Collected data entries:
^^^^^^^^^^^^^^^^
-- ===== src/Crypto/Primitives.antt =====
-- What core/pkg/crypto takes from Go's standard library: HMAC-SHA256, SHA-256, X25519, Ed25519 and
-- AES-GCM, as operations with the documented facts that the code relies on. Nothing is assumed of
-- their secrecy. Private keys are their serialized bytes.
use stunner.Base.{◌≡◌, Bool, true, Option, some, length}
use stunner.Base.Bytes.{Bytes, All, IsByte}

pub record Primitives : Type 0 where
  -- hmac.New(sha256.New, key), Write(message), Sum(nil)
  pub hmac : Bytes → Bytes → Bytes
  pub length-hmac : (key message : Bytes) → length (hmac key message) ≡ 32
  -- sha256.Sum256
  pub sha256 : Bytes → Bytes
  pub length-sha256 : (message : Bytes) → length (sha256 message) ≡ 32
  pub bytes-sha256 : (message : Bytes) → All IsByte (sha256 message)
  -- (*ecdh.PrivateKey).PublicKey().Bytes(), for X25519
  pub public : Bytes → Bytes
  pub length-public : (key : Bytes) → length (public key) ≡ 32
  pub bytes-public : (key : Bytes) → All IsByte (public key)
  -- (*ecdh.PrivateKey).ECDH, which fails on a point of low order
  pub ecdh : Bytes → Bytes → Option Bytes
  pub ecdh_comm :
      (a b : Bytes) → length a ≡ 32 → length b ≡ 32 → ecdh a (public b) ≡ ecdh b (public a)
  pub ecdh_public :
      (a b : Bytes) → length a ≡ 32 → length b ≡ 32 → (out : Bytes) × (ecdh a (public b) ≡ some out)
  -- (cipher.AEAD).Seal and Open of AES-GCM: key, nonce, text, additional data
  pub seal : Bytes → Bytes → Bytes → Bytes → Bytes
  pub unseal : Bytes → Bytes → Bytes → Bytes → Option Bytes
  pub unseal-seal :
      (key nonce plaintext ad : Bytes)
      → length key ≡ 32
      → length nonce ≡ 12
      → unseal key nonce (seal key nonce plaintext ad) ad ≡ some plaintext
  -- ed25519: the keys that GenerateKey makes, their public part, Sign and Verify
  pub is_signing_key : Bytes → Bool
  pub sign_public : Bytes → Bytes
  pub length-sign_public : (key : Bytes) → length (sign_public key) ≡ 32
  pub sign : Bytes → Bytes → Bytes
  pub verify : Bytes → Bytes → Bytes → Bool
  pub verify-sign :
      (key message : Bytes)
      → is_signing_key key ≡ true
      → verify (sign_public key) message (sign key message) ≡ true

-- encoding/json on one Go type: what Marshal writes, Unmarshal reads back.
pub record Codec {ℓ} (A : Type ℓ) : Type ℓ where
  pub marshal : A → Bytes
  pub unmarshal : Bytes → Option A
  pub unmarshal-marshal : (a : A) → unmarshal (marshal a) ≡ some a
^^^^^^^^^^^^^^^^
▸ What you should do: From the line holding "pub length-public : (key" to the last line of the records, quote each line exactly and add nothing.

▸ Response to this task:
  pub length-public : (key : Bytes) → length (public key) ≡ 32
  pub bytes-public : (key : Bytes) → All IsByte (public key)
  -- (*ecdh.PrivateKey).ECDH, which fails on a point of low order
  pub ecdh : Bytes → Bytes → Option Bytes
  pub ecdh_comm :
      (a b : Bytes) → length a ≡ 32 → length b ≡ 32 → ecdh a (public b) ≡ ecdh b (public a)
  pub ecdh_public :
      (a b : Bytes) → length a ≡ 32 → length b ≡ 32 → (out : Bytes) × (ecdh a (public b) ≡ some out)
  -- (cipher.AEAD).Seal and Open of AES-GCM: key, nonce, text, additional data
  pub seal : Bytes → Bytes → Bytes → Bytes → Bytes
  pub unseal : Bytes → Bytes → Bytes → Bytes → Option Bytes
  pub unseal-seal :
      (key nonce plaintext ad : Bytes)
      → length key ≡ 32
      → length nonce ≡ 12
      → unseal key nonce (seal key nonce plaintext ad) ad ≡ some plaintext
  -- ed25519: the keys that GenerateKey makes, their public part, Sign and Verify
  pub is_signing_key : Bytes → Bool
  pub sign_public : Bytes → Bytes
  pub length-sign_public : (key : Bytes) → length (sign_public key) ≡ 32
  pub sign : Bytes → Bytes → Bytes
  pub verify : Bytes → Bytes → Bytes → Bool
  pub verify-sign :
      (key message : Bytes)
      → is_signing_key key ≡ true
      → verify (sign_public key) message (sign key message) ≡ true

-- encoding/json on one Go type: what Marshal writes, Unmarshal reads back.
pub record Codec {ℓ} (A : Type ℓ) : Type ℓ where
  pub marshal : A → Bytes
  pub unmarshal : Bytes → Option A
  pub unmarshal-marshal : (a : A) → unmarshal (marshal a) ≡ some a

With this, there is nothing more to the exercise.